For Text-to-speech REST API calls, the Azure Speech key must match the regional endpoint you call, such as https://<region>.tts.speech.microsoft.com/cognitiveservices/v1; keys are valid only in the region where the Speech resource was created. The current linked sample deployment template exposes only azureSpeechServicesKey, and the Camera Capture Module code calls the Southeast Asia (southeastasia) Speech REST endpoints. For this exercise, use a Speech resource in Southeast Asia with the existing template. To use another region, first update the sample code and deployment template to make the Speech region or endpoint configurable.
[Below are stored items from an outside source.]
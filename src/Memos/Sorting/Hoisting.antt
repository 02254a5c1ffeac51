-- ===== src/Memos/Sorting/Hoisting.antt =====
-- A memo of a name put first: which memo is first then, and that all memos are kept.
use memos_note.Common.{
  if◌then◌else◌, Bool-cases, Option-cases, length, or_else, any, filter, map_option,
  map_option-some, Text, text_eq, text_eq_sound, ℕ, ◌+◌, ◌≡◌, refl, sym, ap, ◌∙◌, inl, inr, Bool,
  true, false, not, ◌&&◌, Option, none, some, some-injective, List, [], ◌∷◌, arith,
}
use memos_note.Api.{Memo}
use memos_note.Memos.Sorting.{take_out, put_first, hoist_memo_to_front}

abbrev pub count : (Memo → Bool) → List Memo → ℕ
count p memos = length (filter p memos)

pub count-cons :
    (p : Memo → Bool) (m : Memo) (memos : List Memo)
    → count p (m ∷ memos) ≡ (if p m then 1 else 0) + count p memos
count-cons p m memos = ground arith

count-swap :
    (p : Memo → Bool) (m n : Memo) (memos : List Memo)
    → count p (m ∷ n ∷ memos) ≡ count p (n ∷ m ∷ memos)
count-swap p m n memos = ground arith

count-take_out :
    (name : Text) (memos : List Memo) (p : Memo → Bool) (r : Memo × List Memo)
    → take_out name memos ≡ some r
    → count p (r.0 ∷ r.1) ≡ count p memos
unfolding take_out
count-take_out name [] p r h = cc
count-take_out name (m ∷ memos) p r h = elim (Bool-cases (text_eq m.name name)) [
  | inl e ↦ rw (sym (some-injective (m, memos) r (ap found (sym e) ∙ h))) refl
  | inr e ↦
      let (q, f, same) = map_option-some put (take_out name memos) r (ap found (sym e) ∙ h) in
      ap (λ t. count p (t.0 ∷ t.1)) (sym same)
      ∙ (count-swap p q.0 m q.1
          ∙ (count-cons p m (q.0 ∷ q.1)
              ∙ (ap (λ k. (if p m then 1 else 0) + k) (count-take_out name memos p q f)
                  ∙ sym (count-cons p m memos))))
]
  where
    put : Memo × List Memo → Memo × List Memo
    put t = (t.0, m ∷ t.1)

    found : Bool → Option (Memo × List Memo)
    found b = if b then some (m, memos) else map_option put (take_out name memos)

pub count-hoist_memo_to_front :
    (memos : List Memo) (name : Option Text) (p : Memo → Bool)
    → count p (hoist_memo_to_front memos name) ≡ count p memos
unfolding hoist_memo_to_front put_first
count-hoist_memo_to_front memos none p = refl
count-hoist_memo_to_front memos (some []) p = refl
count-hoist_memo_to_front memos (some (c ∷ s)) p = elim (Option-cases (take_out (c ∷ s) memos)) [
  | inl e ↦ ap (λ t. count p (put_first memos t)) e
  | inr (r, e) ↦ ap (λ t. count p (put_first memos t)) e ∙ count-take_out (c ∷ s) memos p r e
]

abbrev pub first_name : List Memo → Option Text
first_name [] = none
first_name (m ∷ memos) = some m.name

-- The name of the memo that was taken out, if one was.
abbrev taken_name : Option (Memo × List Memo) → Option Text
taken_name none = none
taken_name (some r) = some (r.0).name

take_out-name :
    (name : Text) (memos : List Memo)
    → taken_name (take_out name memos)
      ≡ (if any (λ m. text_eq m.name name) memos then some name else none)
unfolding take_out
take_out-name name [] = refl
take_out-name name (m ∷ memos) = elim (Bool-cases (text_eq m.name name)) [
  | inl e ↦ rw e (ap some (text_eq_sound m.name name e))
  | inr e ↦ rw e (kept (take_out name memos) ∙ take_out-name name memos)
]
  where
    kept :
        (r : Option (Memo × List Memo))
        → taken_name (map_option {B = Memo × List Memo} (λ r. (r.0, m ∷ r.1)) r) ≡ taken_name r
    kept none = refl
    kept (some r) = refl

pub hoist_memo_to_front-first :
    (memos : List Memo) (name : Text)
    → first_name (hoist_memo_to_front memos (some name)) ≡ (
        if not (text_eq name []) && any (λ m. text_eq m.name name) memos
        then some name
        else first_name memos)
unfolding hoist_memo_to_front put_first
hoist_memo_to_front-first memos [] = refl
hoist_memo_to_front-first memos (c ∷ s) =
    put (take_out (c ∷ s) memos)
    ∙ (ap (or_first memos) (take_out-name (c ∷ s) memos)
        ∙ either (any (λ m. text_eq m.name (c ∷ s)) memos) (c ∷ s) (first_name memos))
  where
    or_first : List Memo → Option Text → Option Text
    or_first memos n = or_else n (first_name memos)

    put :
        (r : Option (Memo × List Memo))
        → first_name (put_first memos r) ≡ or_first memos (taken_name r)
    put none = refl
    put (some r) = refl

    either :
        (b : Bool) (n : Text) (o : Option Text)
        → or_else (if b then some n else none) o ≡ (if b then some n else o)
    either true n o = refl
    either false n o = refl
Before you build or modify the linked sample's text-to-speech code, verify the current en-AU neural voice names in the live Azure Speech language and voice support catalog. You can also use the Text-to-speech REST API voices list endpoint for your Speech region. The archived sample contains en-AU-Catherine, a retired non-neural Standard voice; don't deploy with that value. Replace it with a currently supported en-AU neural voice. Also update the SSML generated by modules\CameraCaptureOpenCV\app\azure_text_speech.py: the archived sample hardcodes xml:lang values as en-us or en-US, so replacing only modules\CameraCaptureOpenCV\app\speech_map_australian.json with an en-AU-*Neural voice leaves the SSML locale inconsistent. Change every SSML xml:lang value used for the <speak> and <voice> elements to match the selected voice locale, such as en-AU, or refactor the code and configuration to derive the locale from selected voice metadata and render that locale into the SSML. Voice names such as en-AU-JoanneNeural, en-AU-NatashaNeural, or en-AU-WilliamNeural are examples only; always check the catalog for the latest supported voices before using one.
Warning
The azureSpeechServicesKey value is a secret. Replace any sample key with your own local lab value only when preparing your deployment, remove any hardcoded default before building images or generating a deployment manifest, don't commit real keys, and rotate the Azure AI services key if a key is exposed.
In this module, the Camera Capture Module handles scanning items using a camera. It then calls the Image Classification module to identify the item, calls Azure Speech text to speech to convert the item label to speech, and plays the scanned item's name on the attached speaker.